[What the task asks] Starting with the line containing "Duration = ℕ" and going on through the line containing "unix_epoch = 62135596800000000000", return the lines of the data below exactly, and only those.
━━ Exercise input ━━
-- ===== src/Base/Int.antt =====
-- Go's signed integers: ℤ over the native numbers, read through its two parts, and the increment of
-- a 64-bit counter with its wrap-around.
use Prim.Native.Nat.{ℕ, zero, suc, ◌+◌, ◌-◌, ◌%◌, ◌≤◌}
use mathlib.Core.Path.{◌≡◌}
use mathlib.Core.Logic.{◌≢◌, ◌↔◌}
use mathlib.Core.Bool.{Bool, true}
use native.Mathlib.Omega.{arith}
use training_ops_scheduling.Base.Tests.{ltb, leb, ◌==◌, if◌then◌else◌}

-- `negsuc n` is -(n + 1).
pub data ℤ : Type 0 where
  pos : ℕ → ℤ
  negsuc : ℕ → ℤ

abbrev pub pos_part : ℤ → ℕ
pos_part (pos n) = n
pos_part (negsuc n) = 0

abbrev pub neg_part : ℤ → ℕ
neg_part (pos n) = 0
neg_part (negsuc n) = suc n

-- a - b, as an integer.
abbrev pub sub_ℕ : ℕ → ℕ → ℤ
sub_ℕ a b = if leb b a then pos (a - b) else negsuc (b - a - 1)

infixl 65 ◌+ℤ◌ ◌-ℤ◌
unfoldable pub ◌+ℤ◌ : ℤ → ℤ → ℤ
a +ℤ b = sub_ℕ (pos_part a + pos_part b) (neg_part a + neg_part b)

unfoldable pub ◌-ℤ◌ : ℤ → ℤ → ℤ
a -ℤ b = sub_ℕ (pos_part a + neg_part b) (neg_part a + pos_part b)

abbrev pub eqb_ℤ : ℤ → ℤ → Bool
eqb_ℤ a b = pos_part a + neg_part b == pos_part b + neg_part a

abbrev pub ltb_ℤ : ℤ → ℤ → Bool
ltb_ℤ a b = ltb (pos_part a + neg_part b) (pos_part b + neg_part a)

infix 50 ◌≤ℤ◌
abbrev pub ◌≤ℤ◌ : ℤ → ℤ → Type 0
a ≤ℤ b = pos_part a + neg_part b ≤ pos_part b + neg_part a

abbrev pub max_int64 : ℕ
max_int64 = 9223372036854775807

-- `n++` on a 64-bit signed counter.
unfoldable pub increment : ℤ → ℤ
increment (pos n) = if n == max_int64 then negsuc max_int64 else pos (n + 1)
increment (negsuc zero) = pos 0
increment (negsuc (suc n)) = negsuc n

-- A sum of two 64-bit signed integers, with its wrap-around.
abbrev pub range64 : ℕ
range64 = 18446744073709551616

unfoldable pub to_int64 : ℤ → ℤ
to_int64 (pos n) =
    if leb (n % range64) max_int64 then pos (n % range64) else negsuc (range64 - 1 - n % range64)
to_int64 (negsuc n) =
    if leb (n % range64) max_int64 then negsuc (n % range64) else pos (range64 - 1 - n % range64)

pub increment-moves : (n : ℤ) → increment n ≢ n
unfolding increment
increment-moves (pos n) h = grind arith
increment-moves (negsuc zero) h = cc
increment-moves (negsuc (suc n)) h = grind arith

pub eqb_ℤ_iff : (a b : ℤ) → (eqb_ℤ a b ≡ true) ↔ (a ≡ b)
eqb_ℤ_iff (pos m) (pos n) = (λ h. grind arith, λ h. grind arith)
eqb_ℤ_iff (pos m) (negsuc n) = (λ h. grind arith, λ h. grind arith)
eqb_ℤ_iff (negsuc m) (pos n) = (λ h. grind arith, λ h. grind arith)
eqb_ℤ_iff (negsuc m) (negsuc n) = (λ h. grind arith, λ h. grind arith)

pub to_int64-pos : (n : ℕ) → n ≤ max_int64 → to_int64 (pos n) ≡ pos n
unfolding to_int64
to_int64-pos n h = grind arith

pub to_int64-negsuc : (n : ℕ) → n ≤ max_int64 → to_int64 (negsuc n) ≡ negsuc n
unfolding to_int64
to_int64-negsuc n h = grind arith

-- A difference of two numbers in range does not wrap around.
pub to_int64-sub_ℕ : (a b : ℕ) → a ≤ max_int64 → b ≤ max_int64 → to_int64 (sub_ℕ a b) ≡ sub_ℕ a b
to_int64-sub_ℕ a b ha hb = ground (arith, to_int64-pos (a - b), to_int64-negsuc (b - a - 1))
━━━
━━ Exercise input ━━
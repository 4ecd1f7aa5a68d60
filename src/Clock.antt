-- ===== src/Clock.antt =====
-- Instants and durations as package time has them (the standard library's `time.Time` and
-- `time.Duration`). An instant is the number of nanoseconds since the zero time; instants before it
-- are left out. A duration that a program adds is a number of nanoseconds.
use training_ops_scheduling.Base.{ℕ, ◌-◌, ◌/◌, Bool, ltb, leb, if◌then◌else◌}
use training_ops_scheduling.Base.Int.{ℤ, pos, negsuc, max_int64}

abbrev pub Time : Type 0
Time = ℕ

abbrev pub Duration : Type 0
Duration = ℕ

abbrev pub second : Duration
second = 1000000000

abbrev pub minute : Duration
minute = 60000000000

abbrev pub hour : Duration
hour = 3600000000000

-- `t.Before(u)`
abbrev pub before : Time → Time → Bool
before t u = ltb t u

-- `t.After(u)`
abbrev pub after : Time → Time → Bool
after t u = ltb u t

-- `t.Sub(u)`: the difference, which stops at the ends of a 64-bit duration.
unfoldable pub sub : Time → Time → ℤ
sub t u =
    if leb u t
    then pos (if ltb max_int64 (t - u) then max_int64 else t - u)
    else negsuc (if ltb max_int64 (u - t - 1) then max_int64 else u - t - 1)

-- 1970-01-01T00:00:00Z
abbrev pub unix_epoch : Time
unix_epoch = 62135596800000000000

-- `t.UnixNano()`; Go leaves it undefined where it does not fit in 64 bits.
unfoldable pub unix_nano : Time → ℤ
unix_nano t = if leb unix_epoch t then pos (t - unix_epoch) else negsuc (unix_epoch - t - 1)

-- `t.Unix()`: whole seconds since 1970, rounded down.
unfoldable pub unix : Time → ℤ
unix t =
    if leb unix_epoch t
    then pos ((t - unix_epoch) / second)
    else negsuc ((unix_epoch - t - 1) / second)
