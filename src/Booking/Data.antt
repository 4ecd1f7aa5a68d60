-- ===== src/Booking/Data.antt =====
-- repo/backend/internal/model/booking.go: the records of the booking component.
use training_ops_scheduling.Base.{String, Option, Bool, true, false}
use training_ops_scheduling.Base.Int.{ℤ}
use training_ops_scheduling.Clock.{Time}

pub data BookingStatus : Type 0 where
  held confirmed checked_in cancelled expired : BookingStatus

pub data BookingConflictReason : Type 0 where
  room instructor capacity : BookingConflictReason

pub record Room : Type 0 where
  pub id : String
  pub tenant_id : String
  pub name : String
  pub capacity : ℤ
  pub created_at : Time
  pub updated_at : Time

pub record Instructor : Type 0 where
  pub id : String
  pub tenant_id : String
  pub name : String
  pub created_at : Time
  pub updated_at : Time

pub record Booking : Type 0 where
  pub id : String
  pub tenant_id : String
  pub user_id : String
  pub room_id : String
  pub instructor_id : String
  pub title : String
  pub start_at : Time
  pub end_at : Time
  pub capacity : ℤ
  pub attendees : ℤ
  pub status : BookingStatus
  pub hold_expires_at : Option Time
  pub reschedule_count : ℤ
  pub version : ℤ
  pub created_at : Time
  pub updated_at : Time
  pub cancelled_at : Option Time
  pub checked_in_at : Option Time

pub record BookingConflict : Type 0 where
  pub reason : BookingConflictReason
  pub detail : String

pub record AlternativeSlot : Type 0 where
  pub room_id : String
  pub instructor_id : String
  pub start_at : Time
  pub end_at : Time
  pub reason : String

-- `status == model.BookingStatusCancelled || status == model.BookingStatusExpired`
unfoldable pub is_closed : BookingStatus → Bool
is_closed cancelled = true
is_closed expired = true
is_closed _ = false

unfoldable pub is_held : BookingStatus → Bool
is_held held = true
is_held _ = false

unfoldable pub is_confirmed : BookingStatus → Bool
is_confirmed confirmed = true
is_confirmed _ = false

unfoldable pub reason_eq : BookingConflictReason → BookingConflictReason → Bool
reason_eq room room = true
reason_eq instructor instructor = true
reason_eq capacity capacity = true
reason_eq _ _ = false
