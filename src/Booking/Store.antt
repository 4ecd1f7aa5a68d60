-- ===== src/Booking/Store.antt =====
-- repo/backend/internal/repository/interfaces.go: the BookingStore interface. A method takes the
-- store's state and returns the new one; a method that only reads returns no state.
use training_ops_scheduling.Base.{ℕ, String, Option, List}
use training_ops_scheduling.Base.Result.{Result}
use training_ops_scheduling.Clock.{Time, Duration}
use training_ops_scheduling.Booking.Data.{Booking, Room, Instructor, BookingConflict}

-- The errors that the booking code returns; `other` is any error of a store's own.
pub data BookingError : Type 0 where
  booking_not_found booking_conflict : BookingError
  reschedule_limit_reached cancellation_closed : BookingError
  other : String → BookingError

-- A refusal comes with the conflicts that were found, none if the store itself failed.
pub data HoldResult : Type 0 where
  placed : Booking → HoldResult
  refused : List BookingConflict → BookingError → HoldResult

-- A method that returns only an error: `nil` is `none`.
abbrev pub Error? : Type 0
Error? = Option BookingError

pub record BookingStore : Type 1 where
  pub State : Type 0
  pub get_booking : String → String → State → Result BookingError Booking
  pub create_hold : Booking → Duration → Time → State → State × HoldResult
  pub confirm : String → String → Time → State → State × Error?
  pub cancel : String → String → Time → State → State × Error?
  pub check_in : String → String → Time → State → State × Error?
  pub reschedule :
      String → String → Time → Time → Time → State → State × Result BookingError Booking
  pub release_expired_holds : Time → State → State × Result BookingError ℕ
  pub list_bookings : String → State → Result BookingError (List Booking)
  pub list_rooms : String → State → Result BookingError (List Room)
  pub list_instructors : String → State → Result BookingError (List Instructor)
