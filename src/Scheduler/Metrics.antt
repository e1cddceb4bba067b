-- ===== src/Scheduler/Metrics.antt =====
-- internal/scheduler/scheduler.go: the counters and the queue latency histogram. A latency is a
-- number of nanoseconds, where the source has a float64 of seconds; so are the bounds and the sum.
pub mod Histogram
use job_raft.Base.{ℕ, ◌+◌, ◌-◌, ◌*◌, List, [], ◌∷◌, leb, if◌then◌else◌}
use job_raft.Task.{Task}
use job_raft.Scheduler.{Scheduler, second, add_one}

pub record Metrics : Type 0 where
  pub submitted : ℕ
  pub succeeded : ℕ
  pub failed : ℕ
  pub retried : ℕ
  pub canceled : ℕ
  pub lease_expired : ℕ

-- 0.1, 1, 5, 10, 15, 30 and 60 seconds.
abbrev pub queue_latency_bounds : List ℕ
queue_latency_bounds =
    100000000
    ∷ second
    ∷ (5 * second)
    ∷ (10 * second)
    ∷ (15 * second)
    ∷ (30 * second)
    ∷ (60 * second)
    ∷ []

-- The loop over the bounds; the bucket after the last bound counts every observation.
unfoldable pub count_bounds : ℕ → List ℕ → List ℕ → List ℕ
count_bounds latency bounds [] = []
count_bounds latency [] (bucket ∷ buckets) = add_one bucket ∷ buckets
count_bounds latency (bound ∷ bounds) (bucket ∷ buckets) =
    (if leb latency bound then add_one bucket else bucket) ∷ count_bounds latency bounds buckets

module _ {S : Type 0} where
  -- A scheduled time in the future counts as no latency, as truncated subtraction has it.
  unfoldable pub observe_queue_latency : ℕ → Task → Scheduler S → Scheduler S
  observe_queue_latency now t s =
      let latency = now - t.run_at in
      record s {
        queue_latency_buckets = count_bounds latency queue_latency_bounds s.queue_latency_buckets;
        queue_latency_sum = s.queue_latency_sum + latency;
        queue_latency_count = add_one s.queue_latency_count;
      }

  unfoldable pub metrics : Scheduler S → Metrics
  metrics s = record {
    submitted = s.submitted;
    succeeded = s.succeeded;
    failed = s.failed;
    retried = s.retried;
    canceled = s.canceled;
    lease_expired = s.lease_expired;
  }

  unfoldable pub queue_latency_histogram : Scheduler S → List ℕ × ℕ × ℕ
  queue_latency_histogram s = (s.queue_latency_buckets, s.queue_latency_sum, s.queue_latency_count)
━━━
[Answer to this task]
Duration = ℕ

abbrev pub second : Duration
second = 1000000000

abbrev pub minute : Duration
minute = 60000000000

abbrev pub hour : Duration
hour = 3600000000000

-- `t.Before(u)`
abbrev pub before : Time → Time → Bool
before t u = ltb t u

-- `t.After(u)`
abbrev pub after : Time → Time → Bool
after t u = ltb u t

-- `t.Sub(u)`: the difference, which stops at the ends of a 64-bit duration.
unfoldable pub sub : Time → Time → ℤ
sub t u =
    if leb u t
    then pos (if ltb max_int64 (t - u) then max_int64 else t - u)
    else negsuc (if ltb max_int64 (u - t - 1) then max_int64 else u - t - 1)

-- 1970-01-01T00:00:00Z
abbrev pub unix_epoch : Time
unix_epoch = 62135596800000000000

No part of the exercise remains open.